I was working out pretty hard during the month, knocking out clean meal after clean meal and I knew I was making progress in every way possible. Nothing was going to stop me but I still wanted to weight myself SOOOO bad. I was excited about the non-scale victories but to be completely honest, my WHY for this was that I wanted to look better. Looking the way I did was slowly ruining my life. It sounds dramatic, but it’s true. I felt awful because I looked awful and I looked awful because I felt awful. I knew that if I could use this program to turn that around, I’d start to look better, which would make me feel better and then I could keep that momentum going. That is exactly what happened but I never expected for it to happen in such a big way.
Below are my before and after pictures. WHAT?!?!
One month, 14 lbs and feeling SO much better than I thought I would.

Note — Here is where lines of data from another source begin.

-- ===== src/Tests/AgentRuns.antt =====
-- The theorems on the agent's sets, rules and marks, at the sets of AgentSets.
use mathlib.Core.List.Perm
use egressgateway.Prelude.{
  ◌+◌, ◌^◌, String, true, false, ◌==◌, ◌||◌, eq_iff, if◌then◌else◌, [], ◌∷◌, none, some, ok, err,
  not_found, bad_mark, nat_beq, ltb, ◌≡◌, refl, arith, All, ap, sym, ◌∙◌, Bool-cases, inl, inr,
}
use egressgateway.Ip.Address.{nil, v4, v6}
use egressgateway.Ip.Range.{has_mark, add_mark, delete_mark}
use egressgateway.MarkAllocator.Text.{add_mark_offset}
use egressgateway.Prelude.Sort.{sort_strings, insert_text, text_le}
use egressgateway.Gateway.Nodes.{Request}
use egressgateway.Controller.Flow.{each, stop}
use egressgateway.ClusterInfo.Objects.{EgressClusterInfo}
use egressgateway.Endpoint.Objects.{EgressEndpointSlice}
use egressgateway.Tests.EndpointRuns.{named, slice_with}
use egressgateway.Tests.AgentSets.{
  Entries, ipset, ipset-IsIpset, held, held-drop_set, drop_set, list_set, drop_entry, short,
}
use egressgateway.Agent.Apply.{clean_sets}
use egressgateway.Agent.ClusterCidrs.{
  reconcile_cluster_info, cluster_lists, process, cluster_set_v4, add_ip, add_cidr, pairs_v4,
  pairs_v6, set_of, delete_all, ensure_cluster_info_ip_set,
}
use egressgateway.Agent.ClusterSets.{reconcile_cluster_info-exact}
use egressgateway.Agent.Exact.{process-drops}
use egressgateway.Agent.Kept.{rules-Known, Known, rule_sets, clean_sets-keeps}
use egressgateway.Agent.Names.{build_ipset_names_by_policy, policy_name}
use egressgateway.Agent.PolicyExact.{expected, policy_sets, update_policy_ip_set-exact}
use egressgateway.Agent.PolicySets.{update_policy_ip_set}
use egressgateway.Agent.Readings.{find_diff-prefix_32, parse_mark-add_mark_offset}
use egressgateway.Agent.Rules.{
  parse_mark, build_eip_rule, build_policy_rule, egress_cluster_cidr_ipv4,
}
use egressgateway.Agent.Sets.{get_dst_cidr, find_diff, get_policy_src_ips, listed, missing_in}
use egressgateway.Agent.World.{Env, World, PoliceClient, load_set, delete_set, IpSet}

abbrev info : EgressClusterInfo
info = record {
  meta = named "" "default";
  spec = record {
    auto_detect = record { pod_cidr_mode = ""; cluster_ip = false; node_ip = true };
    extra_cidr = "c" ∷ [];
  };
  status = record {
    node_ip = ("n1", record { ipv4 = "x" ∷ []; ipv6 = [] }) ∷ [];
    cluster_ip = none;
    pod_cidr = [];
    extra_cidr = "c" ∷ [];
  };
}

-- a slice with an endpoint on this node and one on another
abbrev slice : EgressEndpointSlice
slice = slice_with "s" (
    record { namespace = "ns"; pod = "p1"; ipv4 = "b" ∷ []; ipv6 = []; node = "n1" }
    ∷ record { namespace = "ns"; pod = "p2"; ipv4 = "z" ∷ []; ipv6 = []; node = "n2" }
    ∷ [])

abbrev client : PoliceClient Entries
client = record {
  list_gateways = λ s. (ok [], s);
  get_gateway = λ name s. (err not_found, s);
  get_policy = λ ns name s. (err not_found, s);
  get_cluster_policy = λ ns name s. (err not_found, s);
  get_tunnel = λ name s. (err not_found, s);
  list_tunnels = λ s. (ok [], s);
  get_info = λ name s. (ok info, s);
  list_slices = λ ns selector s. (ok (slice ∷ []), s);
  list_cluster_slices = λ selector s. (ok [], s);
}

-- x is an IPv4 address, c an IPv4 network, and any other text with a prefix an IPv6 network
abbrev env : Env Entries
env = record {
  cfg = record {
    node_name = "n1";
    enable_ipv4 = true;
    enable_ipv6 = false;
    mark = [];
    enable_gateway_reply_route = false;
    gateway_reply_route_mark = 0;
    vxlan_name = "egress.vxlan";
  };
  client = client;
  ipset = ipset;
  tables = record {
    update_chain = λ table chain rules s. s;
    insert_or_append_rules = λ table chain rules s. s;
    apply = λ table s. (ok tt, s);
  };
  filter_tables = [];
  mangle_tables = [];
  nat_tables = [];
  order = record {
    range_policies = λ m. m;
    range_texts = λ m. m;
    range_ips = λ m. m;
    range_chains = λ m. m;
    range_pairs = λ m. m;
  };
  text = record {
    parse_ip = λ s. if s == "x" then v4 7 else nil;
    ip_string = λ ip. "x";
    parse_cidr = λ s.
        if s == "c"
        then some (v4 9, record { ip = v4 9; ones = 24; bits = 32 })
        else if s == "d::/32"
        then some (v6 13, record { ip = v6 13; ones = 32; bits = 128 })
        else none;
    is_ipv4 = λ s. true;
    is_ipv6 = λ s. true;
  };
  net_string = λ net. if nat_beq net.bits 32 then "c" else "d::/32";
  sha1 = λ s. "0123456789abcdef0123456789abcdef01234567";
  as_selector = λ selector. ok (λ labels. true);
}

-- the set of the cluster's addresses, which holds an address that is gone
abbrev old : Entries
old = (egress_cluster_cidr_ipv4, "y") ∷ (egress_cluster_cidr_ipv4, "x") ∷ []

abbrev new : Entries
new = (egress_cluster_cidr_ipv4, "c") ∷ (egress_cluster_cidr_ipv4, "x") ∷ []

abbrev req : Request
req = record { namespace = ""; name = "default" }

reconciled : reconcile_cluster_info env req old ≡ stop false new
unfolding reconcile_cluster_info cluster_lists process add_ip add_cidr pairs_v4 pairs_v6 set_of
    delete_all ensure_cluster_info_ip_set sort_strings insert_text text_le list_set drop_entry each
    add_mark delete_mark has_mark
reconciled = refl

-- texts that are their own short forms
one_short : (a : String) → short a ≡ a → (x : String) → has_mark x (a ∷ []) ≡ true → short x ≡ x
unfolding has_mark
one_short a h x k =
    ap short ((eq_iff x a).0 (ground (arith, k))) ∙ h ∙ sym ((eq_iff x a).0 (ground (arith, k)))

two_short :
    (a b : String)
    → short a ≡ a
    → short b ≡ b
    → (x : String) → has_mark x (a ∷ b ∷ []) ≡ true
    → short x ≡ x
unfolding has_mark
two_short a b h k x m = elim (Bool-cases (x == a)) [
  | inl same ↦ one_short a h x (ground (arith, same))
  | inr other ↦ one_short b k x (ground (arith, m, other))
]

lists_Formed :
    ((x : String) → has_mark x (cluster_lists env info.status).0 ≡ true → short x ≡ x)
    × ((x : String) → has_mark x (cluster_lists env info.status).1 ≡ true → short x ≡ x)
unfolding cluster_lists add_ip add_cidr pairs_v4 pairs_v6 has_mark
lists_Formed = (two_short "x" "c" refl refl, λ x h. absurd (ground (arith, h)))

reconcile_cluster_info-exact_example :
    held egress_cluster_cidr_ipv4 "y" new ≡ has_mark "y" (cluster_lists env info.status).0
reconcile_cluster_info-exact_example =
    reconcile_cluster_info-exact env ipset-IsIpset info req old new refl refl lists_Formed.0
      lists_Formed.1 reconciled egress_cluster_cidr_ipv4 "y"

-- a/32 is to stand in the set, which has it as a
dropped :
    process env cluster_set_v4 ("a" ∷ []) ("a/32" ∷ []) ((egress_cluster_cidr_ipv4, "a/32") ∷ [])
    ≡ (ok tt, [])
unfolding process set_of delete_all sort_strings insert_text drop_entry each add_mark delete_mark
    has_mark
dropped = refl

one_entry :
    (x : String)
    → has_mark x ("a" ∷ [])
      ≡ held egress_cluster_cidr_ipv4 x ((egress_cluster_cidr_ipv4, "a/32") ∷ [])
unfolding has_mark held
one_entry x = refl

process-drops_example : held egress_cluster_cidr_ipv4 "a" [] ≡ false
unfolding has_mark held
process-drops_example =
    process-drops env ipset-IsIpset cluster_set_v4 ("a" ∷ []) ("a/32" ∷ [])
      ((egress_cluster_cidr_ipv4, "a/32") ∷ []) [] one_entry dropped "a" refl refl

-- the sets of the policy p, of which one holds an entry that is gone
abbrev src_name : String
src_name = "egress-src-v4-0123456789abcdef0"

abbrev dst_name : String
dst_name = "egress-dst-v4-0123456789abcdef0"

abbrev before : World Entries
before = record { ipset_map = []; done = true; server = (src_name, "y") ∷ [] }

abbrev later : World Entries
later = record {
  ipset_map =
      record { name = dst_name; hash_family = "inet" }
      ∷ record { name = src_name; hash_family = "inet" }
      ∷ [];
  done = true;
  server = (dst_name, "c") ∷ (src_name, "b") ∷ [];
}

updated : update_policy_ip_set env "ns" "p" false ("c" ∷ []) before ≡ (ok tt, later)
unfolding update_policy_ip_set has_mark list_set missing_in load_set delete_set drop_entry
updated = refl

read_src :
    get_policy_src_ips env "ns" "p" (λ e. e.node == env.cfg.node_name || false) before.server
    ≡ (ok ("b" ∷ [], []), before.server)
unfolding get_policy_src_ips
read_src = refl

read_dst : get_dst_cidr env ("c" ∷ []) ≡ ok ("c" ∷ [], [])
unfolding get_dst_cidr
read_dst = refl

update_policy_ip_set-exact_example :
    held src_name "y" later.server
    ≡ expected env ipset-IsIpset
        (record { src_list = ("b" ∷ [], []); dst_list = ("c" ∷ [], []) })
        before.server
        src_name
        "y"
        (policy_sets env "ns" "p")
unfolding build_ipset_names_by_policy listed
update_policy_ip_set-exact_example =
    update_policy_ip_set-exact env ipset-IsIpset "ns" "p" false ("c" ∷ []) ("b" ∷ [], [])
      ("c" ∷ [], []) before.server before later Perm.refl read_src read_dst
      (one_short "b" refl, (one_short "c" refl, tt)) updated src_name "y"

-- egress-old belongs to no policy
cleaned :
    clean_sets env later ("egress-old" ∷ src_name ∷ []) (("egress-old", "q") ∷ later.server)
    ≡ (ok tt, later.server)
unfolding clean_sets drop_set
cleaned = refl

kept : (set : IpSet) × (load_set src_name later.ipset_map ≡ some set)
unfolding load_set
kept = (_, refl)

clean_sets-keeps_example :
    held src_name "b" later.server ≡ held src_name "b" (("egress-old", "q") ∷ later.server)
clean_sets-keeps_example =
    clean_sets-keeps env ipset-IsIpset later (λ name n x s h. held-drop_set name n x s h)
      ("egress-old" ∷ src_name ∷ []) (("egress-old", "q") ∷ later.server) later.server cleaned
      src_name "b" (inl kept)

rules-Known_example :
    All (Known env.sha1 "ns" "p" true false 4) (
      rule_sets
        (build_eip_rule env.sha1
          (policy_name "ns" "p")
          (record { v4 = "x"; v6 = "" })
          4
          true
          false).matches)
    × All
        (Known env.sha1 "ns" "p" true false 4)
        (rule_sets (build_policy_rule env.sha1 (policy_name "ns" "p") 5 4 true).matches)
rules-Known_example =
    rules-Known env.sha1 "ns" "p" true false (record { v4 = "x"; v6 = "" }) 5 4 true false refl

parse_mark-add_mark_offset_example :
    parse_mark (add_mark_offset 0x26000000 5)
    ≡ (if ltb (0x26000000 + 5) (2 ^ 31) then ok (0x26000000 + 5) else err bad_mark)
parse_mark-add_mark_offset_example = parse_mark-add_mark_offset 0x26000000 5 (omega arith)

find_diff-prefix_32_example :
    (get_dst_cidr env ("d::/32" ∷ []) ≡ ok ([], "d::/32" ∷ []))
    × (find_diff env [] ("d::/32" ∷ []) ≡ ("d::" ∷ [], []))
find_diff-prefix_32_example =
    find_diff-prefix_32 env "d::/32" "d::" 13 (record { ip = v6 13; ones = 32; bits = 128 }) refl
      refl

I think those really speak for themselves. I started at 192 and dropped all the way to 178. I’d say my results are a little atypical because I put a LOT of work in at the gym this month along with ZERO hiccups with my meals.
I plan to follow the reintroduction steps and look forward to seeing what happens during that phase. What do these things REALLY make me feel like? Do I stop eating them forever if they have a negative impact or do I just become aware of the fact that I might not feel good when I eat them? I’ve really enjoyed the food I’ve been eating and have no intention to stop cooking them the way that I did during my Whole30 but things like maybe having some more fruit here and there and adding grains back into my diet will help me avoid the need to feel like I need “cheat” meals.
I am confident in saying that I will NEVER go back to that person in the photo on the left. Ever. I’ve had learned way too much over this past month and have felt too awesome to let it go to waste.
For anyone that’s on the fence about the Whole30, just do it. It’s only 30 days and you can do ANYTHING for 30 days. It will change your life and then you’ll wonder why it took you so long to hear about it and start.
Thank you so much to you, Staci, for your help in answering my questions and cheering me on this past month. I appreciate the opportunity to share my story and I really hope that it inspires others to do the same!